One of the best, but probably not sustainable crisis response policies we have seen recently was the deployment of capital to small businesses irrespective of race. The regulation was too complicated, too risky, etc. But the fact that companies and charities were willing to deploy tens of millions of dollars to small businesses to at least stop the bleeding was commendable. Not necessarily the amount, but the fact that they were able to move so fast. With a very little amount of money, you were able to save a significant number of companies. The use of free capital, non-diluted capital in small amounts to lots of people was extremely valuable.

The other is you need to give entrepreneurs coaching and support. We have a saying at 1863 Ventures that ‘No one gets capital without coaching.’ We are not investing in companies without appropriate support. Even in traditional VC, portfolio management is relative. If it is a quarterly call, that is really hierarchical and all you are doing is explain why you are on track, who are you going to talk to when you are off track? That is not the same as coaching. Contextual technical assistance to spend money wisely is particularly helpful for Black and brown entrepreneurs, whose social capital is typically not a bunch of other entrepreneurs. Throwing money at the problem is not the answer.

 

What are the metrics that we should be keeping an eye on to know that we are making progress in making entrepreneurship more equitable?

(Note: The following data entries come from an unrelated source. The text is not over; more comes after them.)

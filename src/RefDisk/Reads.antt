-- ===== src/RefDisk/Reads.antt =====
-- get and list of src/refs/disk.rs: what they answer of the refs that the files hold.
use bole.Base.{
  Bool, true, false, ◌&&◌, some, [], ◌∷◌, Bytes, bytes_eq, nat_eq, bytes_ord, contains,
  contains_head, contains-filter, contains-collect_set, filter, starts_with, ok, err, ◌≡◌, refl,
  sym, ap, ◌∙◌, inl, inr, Option-cases,
}
use bole.Base.Maps
use bole.Base.Maps.{Map, contains-keys_some}
use bole.Refs.{RefName, Ref, Refs}
use bole.Refs.Name
use bole.RefDisk.{Postcard, DiskRefBackend, get, list}
use bole.RefDisk.Steps.{Clear, blocked-Clear}
use bole.RefDisk.Planned.{Shows}

abbrev pub is_valid : RefName → Bool
is_valid n = elim (Name.new n) [ ok name ↦ true | err e ↦ false ]

module _ (c : Postcard) (d : DiskRefBackend) (refs : Refs) (shows : Shows c d refs) where
  -- `get` answers as the backend in memory, for a name that no file or directory stands in the way of,
  -- where the bytes of its ref are read back.
  pub get_lem :
      (name : RefName)
      → ((r : Ref) → Maps.get refs name ≡ some r → c.read_ref (c.ref_bytes r) ≡ ok r)
      → Clear (name ∷ []) d
      → get c d name ≡ ok (Maps.get refs name)
  unfolding get
  get_lem name reads clear =
      rw
        (
          blocked-Clear (name ∷ []) d name clear (contains_head name []),
          clear.no_dir name (contains_head name []),
        )
        (elim (Option-cases (Maps.get refs name)) [
          | inl e ↦ rw (shows name, e, get) refl
          | inr (r, e) ↦ rw (shows name, e, get, reads r e) refl
        ])

  -- `list` names the refs of the store in memory whose names are valid and have the prefix.
  pub list_lem :
      (prefix : Bytes) (name : RefName)
      → contains (list d prefix) name
        ≡ ((starts_with name prefix && is_valid name) && contains (Maps.keys refs) name)
  unfolding list
  list_lem prefix name =
      contains-collect_set (filter (λ n. starts_with n prefix && is_valid n) (Maps.keys d.files))
        name
      ∙ contains-filter (λ n. starts_with n prefix && is_valid n) (Maps.keys d.files) name
      ∙ ap (λ (b : Bool). (starts_with name prefix && is_valid name) && b) same
    where
      same : contains (Maps.keys d.files) name ≡ contains (Maps.keys refs) name
      same =
          contains-keys_some d.files name
          ∙ elim (Option-cases (Maps.get refs name)) [
            | inl e ↦ rw (shows name, e) refl
            | inr (r, e) ↦ rw (shows name, e) refl
          ]
          ∙ sym (contains-keys_some refs name)
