-- ===== src/Refs/Sequential.antt =====
-- The specification of a transaction: its operations one after another on the store, by the store's
-- own methods, up to the first that is refused.
use bole.Base.{
  none, some, List, [], ◌∷◌, bytes_eq, option_eq, ◌==◌, if◌then◌else◌, storage, wrong_ref_kind,
  transaction_conflict, Result, ok, err, ◌>>=◌,
}
use bole.Base.Maps
use bole.Refs.{
  Refs, tag, timeline, ref_eq, Outcome, set_raw, delete_ref, create_tag, move_tag, create_timeline,
  advance_head, RefOp, create_tag_op, move_tag_op, create_timeline_op, advance_head_op, set_op,
  delete_op, expect_op, advance_head_if_op,
}

unfoldable pub perform : Refs → RefOp → Outcome
perform refs (create_tag_op name target message now) = create_tag refs name target message now
perform refs (move_tag_op name target) = move_tag refs name target
perform refs (create_timeline_op name head policy now kind expires_at) =
    create_timeline refs name head policy now kind expires_at
perform refs (advance_head_op name new_head) = advance_head refs name new_head
perform refs (set_op name value) = set_raw refs name value
perform refs (delete_op name) = delete_ref refs name
perform refs (expect_op name expected) =
    if Maps.get refs name == expected
    then (refs, ok tt)
    else (refs, err (transaction_conflict "precondition failed"))
perform refs (advance_head_if_op name expected_old new_head) = elim (Maps.get refs name) [
  | some (timeline t) ↦
      (if t.head == expected_old
        then advance_head refs name new_head
        else (refs, err (transaction_conflict "head is not the expected value")))
  | some (tag t) ↦ (refs, err (wrong_ref_kind "is a tag, not a timeline"))
  | none ↦ (refs, err (storage "ref not found"))
]

abbrev pub store_of : Outcome → Result Refs
store_of (refs, ok u) = ok refs
store_of (refs, err e) = err e

unfoldable pub sequential : Refs → List RefOp → Result Refs
sequential refs [] = ok refs
sequential refs (op ∷ ops) = do refs' ← store_of (perform refs op); sequential refs' ops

That is a hard one. The statistics are scary. More than 50 percent of Black small businesses are gone, and it is unclear if they are going to come back. That is just a bad signal that is going to scare many investors and unfortunately it might taint the water and prompt some people to say ‘see, I told you, Black entrepreneurs are not successful.’ When ironically, we have outperformed other companies in the Great Recession — this just speaks to the significance of the vulnerability caused by COVID. So that’s something we need to keep an eye on: of the businesses that closed, which ones want to come back, and how many do come back.

I also think there is going to be some interesting data to see of the 40 million people who are now unemployed, how many of them are going to turn to some level of entrepreneurship because they won’t have anywhere to go. Even if we talk about some of the people at the meatpacking plants, many of the workers won’t go back because COVID is not going to go away, and better for these people to stay at home and get their unemployment checks.

Then, the question will be: if they turn to entrepreneurship, can they achieve a level beyond a lifestyle business? Who comes back? Which sectors do they come back to? What is the velocity with which they come back? What is the scale at which they come back? If you have a million-dollar business, what time does it take to come back to that level?

Of course it will also be interesting to see who is able to exceed expectations, and where will the capital be coming from. This will be blurry because we see an infusion of capital in Black and brown entrepreneurs now — which might last another month before people say they did all they could. So given this false propping of opportunity, how will founders continue a trajectory when the capital runs out? All of a sudden there are a ton of programs focused at earlier stages, but if at later stages, other institutions won’t pop up, these companies won’t be able to subsidize their growth and become high-growth businesses.